Organic fraction of municipal solid waste treatment plant optimization case study: Circular economy sustainable transition towards a high efficiency Solid Oxide Fuel Cell stack system

The purpose of this study aims to be the energy optimization of a A2A Energiefuture project for an organic fraction of municipal solid waste treatment plant located in San Filippo del Mela. The plant is designed to dispose of an amount of about 75’000 tons per year of organic waste. By means of an anaerobic digestion process, and thus in the absence of oxygen, the fermentation of the organic fraction generates biogas and compost. The former, main focus of this study, once treated and filtered to remove impurities, can be injected, in accordance with the ongoing incentives, into the national gas distribution network as biomethane since it is characterized by similar parameters. The plant's energy demands, both thermal and electrical, are satisfied through withdrawal from the grid in the base configuration.
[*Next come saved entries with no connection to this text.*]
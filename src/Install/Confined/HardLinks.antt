-- ===== src/Install/Confined/HardLinks.antt =====
-- archive_tree.rs of omne-artifact-install-primitives: hard links wait with their places below the root,
-- and are made there.
use omne_runtime.Base.{
  refl, sym, arith, ◌≡◌, Bool, true, false, Option, none, some, Bytes, Result, ok, map_err,
}
use omne_runtime.Base.Actions.{◌>>=◌, lift, attempt, map_error}
use mathlib.Core.Path.{subst}
use omne_runtime.Archive.Paths.{sanitize_path-IsEntryPath, IsEntryPath-IsNameIn, IsNameIn}
use omne_runtime.FsPath.Segments.{is_segment, path_of}
use omne_runtime.Install.{open_regular, make_hard_link, Identity, IoError, Dir, System}
use omne_runtime.Install.Confined.{
  Holds-any, lift-Confines, open_regular-Confines, match-Confines, then-Confines, >>=-Confines,
  map_error-Confines, check-Confines, is_below, Confines, is_confined,
}
use omne_runtime.Install.Confined.Directories.{try_open_archive_directory_chain-Confines, IsOpened}
use omne_runtime.Install.Confined.Leaves.{pending_leaf-Confines, create_staged_leaf-Confines}
use omne_runtime.Install.Confined.Links.{renaming, in_parent, at_leaf}
use omne_runtime.Install.Directories.{try_open_archive_directory_chain, Install, from_io}
use omne_runtime.Install.Leaves.{create_archive_staged_hard_link, archive_leaf_name}
use omne_runtime.Install.Links.{
  staged_open_error, opened_source, if_there, validate_staged_hard_link_matches_source,
  try_create_tar_hard_link, sanitize_tree_path, link_to_source, validate_archive_hard_link_target,
  prepare_tar_hard_link, PendingTarHardLink,
}

-- A hard link that waits has its places below the root.
pub record IsPending (pending : PendingTarHardLink) : Type 0 where
  pub output : IsNameIn pending.output_path
  pub target : IsNameIn pending.resolved_target

sanitize_tree_path-IsNameIn :
    (path : Bytes) {sanitized : Bytes} → sanitize_tree_path path ≡ ok sanitized → IsNameIn sanitized
unfolding sanitize_tree_path
sanitize_tree_path-IsNameIn path {sanitized} e =
    IsEntryPath-IsNameIn sanitized (sanitize_path-IsEntryPath _ _ path e)

validate_archive_hard_link_target-IsNameIn :
    (entry_path target : Bytes) {resolved : Bytes}
    → validate_archive_hard_link_target entry_path target ≡ ok resolved
    → IsNameIn resolved
unfolding validate_archive_hard_link_target
validate_archive_hard_link_target-IsNameIn entry_path target {resolved} e =
    let sanitized : sanitize_tree_path target ≡ ok resolved = ground arith in
    sanitize_tree_path-IsNameIn target sanitized

module _ (system : System) where
  pub prepare_tar_hard_link-Confines :
      (entry_path path target : Bytes)
      → IsNameIn path
      → Confines IsPending (prepare_tar_hard_link system entry_path path target)
  unfolding prepare_tar_hard_link
  prepare_tar_hard_link-Confines entry_path path target n =
      in_parent system entry_path path n IsPending true _ _ (
        check-Confines IsPending (validate_archive_hard_link_target entry_path target) _
          λ resolved e machine safe. (
            safe,
            record {
              output = n;
              target = validate_archive_hard_link_target-IsNameIn entry_path target e;
            },
          ))

  module _ (pending : PendingTarHardLink) (p : IsPending pending) where
    source_below : is_below p.target.dir p.target.name ≡ true
    source_below = rw (p.target.dir_proper, p.target.name_proper) refl

    output_beside : (leaf : Bytes) → is_segment leaf ≡ true → is_below p.output.dir leaf ≡ true
    output_beside leaf named = rw (p.output.dir_proper, named) refl

    validate_staged-Confines :
        (dir : Dir) (staged : Bytes) (source : Identity)
        → is_below dir staged ≡ true
        → Confines
            (λ u. Unit)
            (validate_staged_hard_link_matches_source system pending dir staged source)
    unfolding validate_staged_hard_link_matches_source
    validate_staged-Confines dir staged source h =
        >>=-Confines (λ f. Unit) (λ u. Unit)
          (map_error (open_regular system dir staged) (staged_open_error pending)) _
          (map_error-Confines (λ f. Unit) (open_regular system dir staged)
            (staged_open_error pending) (open_regular-Confines system dir staged h))
          (λ file u.
            check-Confines (λ v. Unit) (map_err file from_io) _
              λ identity e. lift-Confines (λ v. Unit) _ (Holds-any _))

    link_to_source-Confines :
        (file : Result IoError Identity)
        → Confines
            (λ b. Unit)
            (link_to_source system pending p.output.dir p.target.dir p.target.name file)
    unfolding link_to_source create_archive_staged_hard_link is_confined
    link_to_source-Confines file =
        let Any = λ (b : Bool). Unit {0} in
        check-Confines Any (map_err file from_io) _ λ source e.
          at_leaf system pending.entry_path pending.output_path p.output Any _ (
            >>=-Confines (λ leaf. is_segment leaf ≡ true) Any
              (create_archive_staged_hard_link system pending.entry_path p.target.dir p.target.name
                p.output.dir)
              _
              (create_staged_leaf-Confines system 128 pending.entry_path "hardlink"
                (make_hard_link p.target.dir p.target.name p.output.dir) refl
                (λ leaf named. rw (source_below, output_beside leaf named) refl))
              (λ staged named.
                then-Confines Any _ (lift (ok true))
                  (pending_leaf-Confines system p.output.dir staged _ (output_beside staged named) (
                    then-Confines (λ u. Unit)
                      (validate_staged_hard_link_matches_source system pending p.output.dir staged
                        source)
                      _
                      (validate_staged-Confines p.output.dir staged source
                        (output_beside staged named))
                      (renaming system pending.entry_path pending.output_path p.output staged
                        named)))
                  (λ machine safe. (safe, tt))))

    abbrev found_or_not : Dir → Bytes → Option (Result IoError Identity) → Install Bool
    found_or_not dir leaf file =
        if_there system file (link_to_source system pending p.output.dir dir leaf)

    found_or_not-Confines :
        (file : Option (Result IoError Identity))
        → Confines (λ b. Unit) (found_or_not p.target.dir p.target.name file)
    found_or_not-Confines none = λ machine safe. (safe, tt)
    found_or_not-Confines (some file) = link_to_source-Confines file

    abbrev with_target : Dir → Install Bool
    with_target dir = do
      leaf ← lift (archive_leaf_name pending.resolved_target)
      answer ← attempt (open_regular system dir leaf)
      file ← lift (opened_source pending answer)
      found_or_not dir leaf file

    with_target-Confines : Confines (λ b. Unit) (with_target p.target.dir)
    unfolding archive_leaf_name is_confined
    with_target-Confines =
        let Any = λ (b : Bool). Unit {0} in
        rw (archive_leaf_name, p.target.path_name)
          (match-Confines (λ f. Unit) Any (open_regular system p.target.dir p.target.name)
            (λ answer.
              lift (opened_source pending answer) >>= found_or_not p.target.dir p.target.name)
            (open_regular-Confines system p.target.dir p.target.name source_below)
            (λ answer u.
              check-Confines Any (opened_source pending answer)
                (found_or_not p.target.dir p.target.name) (λ file e. found_or_not-Confines file)))

    with_target_parent-Confines :
        (opened : Option Dir)
        → IsOpened p.target.dir opened
        → Confines (λ b. Unit) (if_there system opened with_target)
    with_target_parent-Confines none e = λ machine safe. (safe, tt)
    with_target_parent-Confines (some dir) e =
        subst (λ d. Confines (λ b. Unit) (with_target d)) (sym e) with_target-Confines

    pub try_create_tar_hard_link-Confines :
        Confines (λ b. Unit) (try_create_tar_hard_link system pending)
    unfolding try_create_tar_hard_link
    try_create_tar_hard_link-Confines =
        let Any = λ (b : Bool). Unit {0} in
        in_parent system pending.entry_path pending.output_path p.output Any false _ _ (
          rw p.target.path_parent (
            >>=-Confines (IsOpened p.target.dir) Any
              (try_open_archive_directory_chain system pending.entry_path (path_of p.target.dir)
                false)
              (λ opened. if_there system opened with_target)
              (try_open_archive_directory_chain-Confines system pending.entry_path p.target.dir
                false p.target.dir_proper)
              with_target_parent-Confines))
Thermal energy required to maintain the operating temperature of the digester and to preheat the air for the biocells is provided by two similar boilers of 780 kW each fired by natural gas. Electricity supply is provided by a MV electrical substation. An optimized solution has been analysed in which natural gas-fired boilers give way to fuel cell also fed by natural gas. The latter electrochemical device can not only cover both the thermal and electrical needs of the plant but can also generate an electricity surplus that can be injected into the grid or stored in a battery energy system. Moreover a "stand-alone island" configuration was also analysed in which the fuel cell stack is fed by a share of biomethane produced by the treatment plant. The latest configuration, beyond reducing net carbon dioxide emissions to almost zero, provides the significant opportunity to not depend on natural gas market price fluctuations. A model has been created on Aspen Plus® that breaks down the electrochemical process through all the reactions that occur within each fuel cell component. By means of the model, it was possible to run the simulation by which the operating values of the fuel cell under the steady-state conditions were obtained. These parameters were extracted and used in a calculator data sheet to achieve the economic analysis of the new plant design.